How to improve ‘migraine-inducing’ inheritance tax

The Office of Tax Simplification needs help to untangle a mess 200 years in the making, writes Arabella Murphy

Americans tell the story of George Washington’s Axe (it’s only had three new handles and two new blades, and is as good as it ever was), also known to philosophers as Theseus’s paradox, where little or nothing of the original now remains, except its name. The UK’s inheritance tax legislation is a bit like that.

A tax on estates was first introduced in 1796, to help fund the Napoleonic Wars, and the legislation grew like a Hydra for a century. As the then chancellor noted in 1894, announcing a near-total rewrite: ‘The whole system is admittedly difficult and complicated. The Death Duties have grown up piecemeal, and bear traces of their fragmentary origin. They have never been established upon any general principles, and they present an extraordinary specimen of tessellated legislation… each successive modification has only left confusion worse compounded.’ Every decade or two, another chancellor similarly bemoans the tax in its current form. Somewhat over a century later, the same words ring true.

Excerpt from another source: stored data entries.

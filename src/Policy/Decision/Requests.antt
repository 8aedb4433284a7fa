-- ===== src/Policy/Decision/Requests.antt =====
-- Allows: which requests it answers, and that the answer is the decision on normalized values.
use airjail.Base.{
  ℕ, ◌^◌, ◌<◌, Bool, true, false, [], ◌≡◌, ◌≢◌, ◌⊎◌, inl, inr, ◌↔◌, refl, sym, ap, ◌∙◌, arith,
  ==_iff, nat_eq, list_eq, list_beq, ok, Result-cases,
}
use airjail.Base.Bytes.{Bytes}
use airjail.Netip.{Addr, invalid, v4, v6, is_valid, zone_of, unmap}
use airjail.Policy.Library.{Library}
use airjail.Policy.Hostname.{normalize_hostname}
use airjail.Policy.Rules.Prefixes.{mapped}
use airjail.Policy.Decision.{Policy, decide, allows, request_hostname, request_address}

-- A request that Allows answers, with the hostname that it decides on.
pub record Answers (lib : Library) (hostname : Bytes) (address : Addr) (port : ℕ) (name : Bytes)
    : Type 0 where
  pub port_set : port ≢ 0
  pub named : (hostname ≢ []) ⊎ (is_valid address ≡ true)
  pub zone_free : (is_valid address ≡ false) ⊎ (zone_of address ≡ [])
  pub normalized :
      ((hostname ≡ []) × (name ≡ []))
      ⊎ ((hostname ≢ []) × (normalize_hostname lib hostname ≡ ok name))

request_hostname_complete :
    (lib : Library) (hostname name : Bytes)
    → ((hostname ≡ []) × (name ≡ []))
      ⊎ ((hostname ≢ []) × (normalize_hostname lib hostname ≡ ok name))
    → request_hostname lib hostname ≡ ok name
unfolding request_hostname
request_hostname_complete lib hostname name h = ground (arith, h, ==_iff hostname [])

request_hostname_sound :
    (lib : Library) (hostname name : Bytes)
    → request_hostname lib hostname ≡ ok name
    → ((hostname ≡ []) × (name ≡ []))
      ⊎ ((hostname ≢ []) × (normalize_hostname lib hostname ≡ ok name))
unfolding request_hostname
request_hostname_sound lib hostname name h = elim (Result-cases (normalize_hostname lib hostname)) [
  | inl (b, e) ↦ ground (arith, e, ==_iff hostname [])
  | inr (b, e) ↦ ground (arith, e, ==_iff hostname [])
]

request_address_lem :
    (address : Addr)
    → ((is_valid address ≡ false) ⊎ (zone_of address ≡ []))
    → request_address address ≡ ok (unmap address)
unfolding request_address is_valid zone_of unmap list_beq
request_address_lem invalid h = refl
request_address_lem (v4 n) h = refl
request_address_lem (v6 n z) h = ground (arith, ==_iff z [])

request_address_zone :
    (address : Addr) (target : Addr)
    → request_address address ≡ ok target
    → ((is_valid address ≡ false) ⊎ (zone_of address ≡ [])) × (target ≡ unmap address)
unfolding request_address is_valid zone_of unmap list_beq
request_address_zone invalid target h = ground arith
request_address_zone (v4 n) target h = ground arith
request_address_zone (v6 n z) target h = ground (arith, ==_iff z [])

module _ (lib : Library) (policy : Policy) (hostname : Bytes) (address : Addr) (port : ℕ) where
  allows_complete :
      (name : Bytes)
      → Answers lib hostname address port name
      → allows lib policy hostname address port ≡ ok (decide policy name (unmap address) port)
  unfolding allows
  allows_complete name r = ground (
    arith,
    r.port_set,
    r.named,
    request_hostname_complete lib hostname name r.normalized,
    request_address_lem address r.zone_free,
    ==_iff hostname [],
  )

  allows_sound :
      (answer : Bool)
      → allows lib policy hostname address port ≡ ok answer
      → (name : Bytes) × Answers lib hostname address port name
        × (answer ≡ decide policy name (unmap address) port)
  unfolding allows
  allows_sound answer h = elim (Result-cases (request_hostname lib hostname)) [
    | inr (fault, e) ↦ absurd (ground (arith, e))
    | inl (name, e) ↦ elim (Result-cases (request_address address)) [
      | inr (fault, e') ↦ absurd (ground (arith, e, e'))
      | inl (target, e') ↦
          let (zone_free, same) = request_address_zone address target e' in
          (
            name,
            record {
              port_set = ground (arith, e, e');
              named = ground (arith, e, e', ==_iff hostname []);
              zone_free = zone_free;
              normalized = request_hostname_sound lib hostname name e;
            },
            ground (arith, e, e', same),
          )
    ]
  ]

  -- Allows answers exactly the requests with a port, with a hostname or an address, with no zone and
  -- with a hostname that is empty or accepted by NormalizeHostname; its answer is then the decision
  -- on the normalized hostname and the unmapped address. Any other request is an error.
  pub allows_iff :
      (answer : Bool)
      → (allows lib policy hostname address port ≡ ok answer) ↔ (
          (name : Bytes) × Answers lib hostname address port name
          × (answer ≡ decide policy name (unmap address) port))
  allows_iff answer =
      (allows_sound answer, λ (name, r, same). allows_complete name r ∙ ap ok (sym same))

unmap-mapped : (n : ℕ) → n < 2 ^ 32 → unmap (mapped n) ≡ v4 n
unfolding unmap
unmap-mapped n h = ground arith

-- An IPv4 address and its IPv4-mapped form get the same answer, errors included.
pub allows-mapped :
    (lib : Library) (policy : Policy) (hostname : Bytes) (n port : ℕ)
    → n < 2 ^ 32
    → allows lib policy hostname (mapped n) port ≡ allows lib policy hostname (v4 n) port
unfolding allows request_address is_valid zone_of list_beq
allows-mapped lib policy hostname n port h =
    let same : unmap (v4 n) ≡ v4 n = unfold unmap in refl in rw (unmap-mapped n h, same)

Since 1986, the inheritance tax rules have been amended repeatedly, with new sections and schedules cobbled on or deleted with each year’s budget, and the Inheritance Tax Act 1984 now needs to be read alongside dozens of subsequent Finance Acts and other pieces of legislation (not including statutory instruments, Revenue Interpretations, Statements of Practice and other extra-statutory materials). Larger revisions, like the introduction of inheritance tax for property held in foreign companies, have been reverse engineered into legislation that was not designed to bear their weight.

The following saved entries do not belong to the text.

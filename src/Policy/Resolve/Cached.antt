-- ===== src/Policy/Resolve/Cached.antt =====
-- The shared cache: a hostname is asked for once, and has one answer for all rules of a policy.
use airjail.Base.{
  Bool, true, false, not, Option, none, some, List, [], ◌∷◌, ◌≡◌, ◌≢◌, inl, inr, refl, sym, subst,
  arith, ==_iff, ==_refl, nat_eq, list_eq, contains, contains-append, Distinct, Distinct-append,
  Bool-cases, Option-cases, Result-cases, ok,
}
use airjail.Base.Bytes.{Bytes}
use airjail.Netip.{Addr}
use airjail.Policy.Rules.{HostRule}
use airjail.Policy.Resolve.{Resolver, Lookups, cached, lookup, expand, resolve_rule}

abbrev known : Option (Option (List Addr)) → Bool
known none = false
known (some r) = true

-- The questions asked are those in the cache, each asked once.
pub record IsCoherent (s : Lookups) : Type 0 where
  pub once : Distinct s.asked
  pub same : (host : Bytes) → contains s.asked host ≡ known (cached s.cache host)

-- Nothing that is in the cache is lost or replaced.
abbrev pub Extends : Lookups → Lookups → Type 0
Extends s s' =
    (host : Bytes) (r : Option (List Addr))
    → cached s.cache host ≡ some r
    → cached s'.cache host ≡ some r

module _ (resolver : Resolver) (host : Bytes) (s : Lookups) where
  lookup-IsCoherent : IsCoherent s → IsCoherent (lookup resolver host s).1
  unfolding lookup
  lookup-IsCoherent c = elim (Option-cases (cached s.cache host)) [
    | inr (r, e) ↦ rw e c
    | inl e ↦ rw e (record {
      once = Distinct-append s.asked host c.once (ground (arith, c.same host, e));
      same = λ h.
          unfold contains cached in ground (arith, c.same h, contains-append s.asked (host ∷ []) h);
    })
  ]

  lookup-Extends : Extends s (lookup resolver host s).1
  unfolding lookup cached
  lookup-Extends h r known_r = elim (Option-cases (cached s.cache host)) [
    | inr (q, e) ↦ ground (arith, e)
    | inl e ↦ ground (arith, e, ==_iff host h)
  ]

  lookup-cached : cached (lookup resolver host s).1.cache host ≡ some (lookup resolver host s).0
  unfolding lookup cached
  lookup-cached = elim (Option-cases (cached s.cache host)) [
    | inr (q, e) ↦ ground (arith, e)
    | inl e ↦ ground (arith, e, ==_refl host)
  ]

abbrev pub addresses_of : Option (List Addr) → List Addr
addresses_of none = []
addresses_of (some xs) = xs

-- A rule as expansion leaves it: a wildcard has no addresses, and an exact rule has those of the one
-- answer for its hostname.
pub record IsResolved (s : Lookups) (r : HostRule) : Type 0 where
  pub wild : r.wildcard ≡ true → r.resolved ≡ []
  pub exact :
      r.wildcard ≡ false
      → (answer : Option (List Addr)) × (cached s.cache r.hostname ≡ some answer)
        × (r.resolved ≡ addresses_of answer)

pub IsResolved-Extends :
    (s s' : Lookups) (r : HostRule) → Extends s s' → IsResolved s r → IsResolved s' r
IsResolved-Extends s s' r ext is = record {
  wild = is.wild;
  exact = λ e. let (answer, hit, same) = is.exact e in (answer, ext r.hostname answer hit, same);
}

expand_lem :
    (allow_unresolved : Bool) (r r' : HostRule) (answer : Option (List Addr))
    → r.resolved ≡ []
    → expand allow_unresolved r answer ≡ ok r'
    → (r' ≡ record r { resolved = addresses_of answer })
      × (allow_unresolved ≡ false → addresses_of answer ≢ [])
unfolding expand
expand_lem b r r' none e h = (ground arith, λ strict. ground arith)
expand_lem b r r' (some []) e h = (ground arith, λ strict. ground arith)
expand_lem b r r' (some (a ∷ rest)) e h = (cc, λ strict p. cc)

-- What one rule becomes: only its addresses are set.
pub record Outcome (strict : Bool) (s' : Lookups) (r r' : HostRule) : Type 0 where
  pub kept : r' ≡ record r { resolved = r'.resolved }
  pub is : IsResolved s' r'
  pub found : strict ≡ true → r'.wildcard ≡ false → r'.resolved ≢ []

pub record After (s s' : Lookups) : Type 0 where
  pub coherent : IsCoherent s'
  pub extends : Extends s s'

module _ (resolver : Resolver) (allow_unresolved : Bool) where
  resolve_exact :
      (r r' : HostRule) (s : Lookups)
      → r.wildcard ≡ false
      → r.resolved ≡ []
      → expand allow_unresolved r (lookup resolver r.hostname s).0 ≡ ok r'
      → Outcome (not allow_unresolved) (lookup resolver r.hostname s).1 r r'
  resolve_exact r r' s w e h =
      let (same, strict) = expand_lem allow_unresolved r r' _ e h in
      subst (Outcome (not allow_unresolved) (lookup resolver r.hostname s).1 r) (sym same) (record {
        kept = refl;
        is = record {
          wild = λ w'. cc (w, w');
          exact =
              λ _. ((lookup resolver r.hostname s).0, lookup-cached resolver r.hostname s, refl);
        };
        found = λ t _ p. strict (ground arith) p;
      })

  pub resolve_rule_lem :
      (r r' : HostRule) (s s' : Lookups)
      → r.resolved ≡ []
      → IsCoherent s
      → resolve_rule resolver allow_unresolved r s ≡ ok (r', s')
      → After s s' × Outcome (not allow_unresolved) s' r r'
  unfolding resolve_rule
  resolve_rule_lem r r' s s' e c h = elim (Bool-cases r.wildcard) [
    | inl w ↦
        let same_rule : r ≡ r' = ground arith in
        let same : s ≡ s' = ground arith in
        (
          subst (After s) same (record { coherent = c; extends = λ k q hit. hit }),
          subst (Outcome (not allow_unresolved) s' r) same_rule (record {
            kept = refl;
            is = record { wild = λ _. e; exact = λ x. absurd (cc (w, x)) };
            found = λ _ x. absurd (cc (w, x));
          }),
        )
    | inr w ↦ elim (Result-cases (expand allow_unresolved r (lookup resolver r.hostname s).0)) [
      | inr (fault, bad) ↦ absurd (ground (arith, bad))
      | inl (found, good) ↦
          let same_rule : found ≡ r' = ground (arith, good) in
          let same : (lookup resolver r.hostname s).1 ≡ s' = ground (arith, good) in
          (
            subst (After s) same (record {
              coherent = lookup-IsCoherent resolver r.hostname s c;
              extends = lookup-Extends resolver r.hostname s;
            }),
            subst (λ t. Outcome (not allow_unresolved) t r r') same
                (subst (Outcome (not allow_unresolved) (lookup resolver r.hostname s).1 r) same_rule
                  (resolve_exact r found s w e good)),
          )
    ]
  ]

-- The rules that come out stand at the places of the rules that went in.
abbrev pub Outcomes : Bool → Lookups → List HostRule → List HostRule → Type 0
Outcomes strict s [] [] = Unit
Outcomes strict s (r ∷ rs) (r' ∷ rs') = Outcome strict s r r' × Outcomes strict s rs rs'
Outcomes strict s _ _ = ⊥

Some things didn’t change: the rate of tax has remained steady at 40 per cent, but that’s now the second highest in the world. Other things changed so slowly that they created new problems: the amount exempted from tax – the ‘nil rate band’ – has increased far more slowly than house prices in particular. In 1986, the first year of inheritance tax, the average London house price was £55,000 and the nil-rate band was £71,000. By 2015, the nil-rate band of £325,000 no longer covered the average £531,000 London home, but no government could take the risk of unflattering headlines about giveaways to the wealthy. Instead, from 2017 a person can leave a home only to their direct descendants, with a specific tax allowance of up to £175,000 per testator, and only for estates up to a maximum of £2 million. This is a fine example of how a good intention (to increase tax relief) is contaminated by the fear of being thought to benefit the rich (or, worse, actually doing so), and becomes instead an embarrassed contortion, so bound up in conditions and exclusions that it loses all its intended utility.

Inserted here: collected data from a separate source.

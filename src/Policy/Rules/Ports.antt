-- ===== src/Policy/Rules/Ports.antt =====
-- parsePort accepts exactly the decimal numbers from 1 to 65535.
use airjail.Base.{
  ℕ, ◌+◌, ◌-◌, ◌*◌, ◌≤◌, ◌<◌, true, some, [], ◌∷◌, ◌≡◌, ◌≢◌, ◌↔◌, inl, inr, refl, arith, All, ok,
  Option-cases, subst,
}
use airjail.Base.Bytes.{Bytes}
use airjail.Policy.Rules.{PortMatcher, parse_digits, parse_port, port_matches}

abbrev pub IsDigit : ℕ → Type 0
IsDigit digit = (digit ≤ b'9') × (b'0' ≤ digit)

abbrev push : ℕ → ℕ → ℕ
push high digit = high * 10 + (digit - b'0')

-- the number that decimal digits spell behind `high`, unbounded
abbrev pub spelled : Bytes → ℕ → ℕ
spelled [] high = high
spelled (digit ∷ low) high = spelled low (push high digit)

spelled_grows : (text : Bytes) (high : ℕ) → high ≤ spelled text high
spelled_grows [] high = omega arith
spelled_grows (digit ∷ low) high = omega (arith, spelled_grows low (push high digit))

-- the loop from any start: what it returns, and when it returns
digits_sound :
    (text : Bytes) (high port : ℕ)
    → high ≤ 65535
    → parse_digits text high ≡ some port
    → (port ≤ 65535) × (port ≡ spelled text high) × All IsDigit text
unfolding parse_digits
digits_sound [] high port bound read = ground arith
digits_sound (digit ∷ low) high port bound read =
    ground (arith, digits_sound low (push high digit) port)

digits_complete :
    (text : Bytes) (high : ℕ)
    → spelled text high ≤ 65535
    → All IsDigit text
    → parse_digits text high ≡ some (spelled text high)
unfolding parse_digits
digits_complete [] high bound _ = refl
digits_complete (digit ∷ low) high bound decimal = ground (
  arith,
  digits_complete low (push high digit) bound decimal.1,
  spelled_grows low (push high digit),
)

-- A text that spells the port `n`.
pub record Spells (s : Bytes) (n : ℕ) : Type 0 where
  pub nonempty : s ≢ []
  pub digits : All IsDigit s
  pub exact : n ≡ spelled s 0
  pub positive : 0 < n
  pub fits : n ≤ 65535

pub parse_port_sound :
    (s : Bytes) (m : PortMatcher) → parse_port s ≡ ok m → (m.set ≡ true) × Spells s m.port
unfolding parse_port
parse_port_sound [] m h = absurd (cc)
parse_port_sound (c ∷ s) m h = elim (Option-cases (parse_digits (c ∷ s) 0)) [
  | inl e ↦ absurd (ground (arith, e))
  | inr (n, e) ↦
      let (fits, exact, all_digits) = digits_sound (c ∷ s) 0 n (omega arith) e in
      (
        ground (arith, e),
        record {
          nonempty = λ p. cc;
          digits = all_digits;
          exact = ground (arith, e);
          positive = ground (arith, e);
          fits = ground (arith, e);
        },
      )
]

pub parse_port_complete :
    (s : Bytes) (n : ℕ) → Spells s n → parse_port s ≡ ok (record { port = n; set = true })
unfolding parse_port
parse_port_complete [] n sp = absurd (sp.nonempty refl)
parse_port_complete (c ∷ s) n sp =
    ground (arith, sp.digits, digits_complete (c ∷ s) 0, sp.exact, sp.positive, sp.fits)

-- A port text is accepted as the port `n` exactly when it is one or more decimal digits that
-- spell `n`, and `n` is from 1 to 65535; the matcher then holds at the port `n` and no other.
pub parse_port_iff :
    (s : Bytes) (n : ℕ)
    → ((m : PortMatcher) × (parse_port s ≡ ok m)
        × (port_matches m n ≡ true)
        × ((q : ℕ) → port_matches m q ≡ true → q ≡ n))
      ↔ Spells s n
unfolding port_matches
parse_port_iff s n = (
  (λ (m, parsed, here, only).
      let (set, spells) = parse_port_sound s m parsed in
      let same : m.port ≡ n = ground arith in subst (Spells s) same spells),
  (λ spells. (
    record { port = n; set = true },
    parse_port_complete s n spells,
    ground arith,
    λ q h. ground arith,
  )),
)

When the Chancellor of the Exchequer says that inheritance tax is ‘particularly complex’, you know that this is a polite admission that it has been responsible for addling the brains of clients and their professional advisers for decades. Previous attempts to ‘simplify’ it have resulted in yet further reams of convoluted, migraine-inducing text, and even the Treasury cannot bear to continue inflicting further misery on those who try to comply with it.

Well, the first two statements are certainly true, and it would be nice to think that the third one was. Here are three suggestions for the Office of Tax Simplification, to help untangle a mess 200 years in the making:

  1. The taxation of trusts is not inheritance tax. Most professionals who have laboured through a ten-year anniversary return for a trust have, at some point in the process, contemplated a career change. Trusts don’t need to be taxed by calculating fractions of what they would pay if they were humans. They could just pay a different tax under a separate Act.
  2. Include fewer reliefs, and draft liberally. Sometimes, the fear that a person might be made fractionally better off than another is palpable in the drafting and it benefits no-one. It doesn’t matter if a home is worth £5 million or £100,000 – the tax rules should either respect and exempt every testator’s home (whoever it passes to), or exempt a single, larger nil-rate band regardless of what assets it represents. Tax rules can recognise the special status of an asset (such as a home), but if so, they shouldn’t impose value judgments on one home over another, or those who own a home but have no descendants.
  3. There is pressure to extend spouse relief to all those who live in a household (whatever their relationship). Spouse relief is not an infinitely elastic concept, but in the 21stcentury, maybe there is room for a new deferral or relief to help households that weren’t so common in 1949 or 1975 or 1986. Or perhaps, like households of unmarried elderly aunts, they did exist, but didn’t suffer tax, so this is simply another way of expressing frustration about the nil rate band and house prices.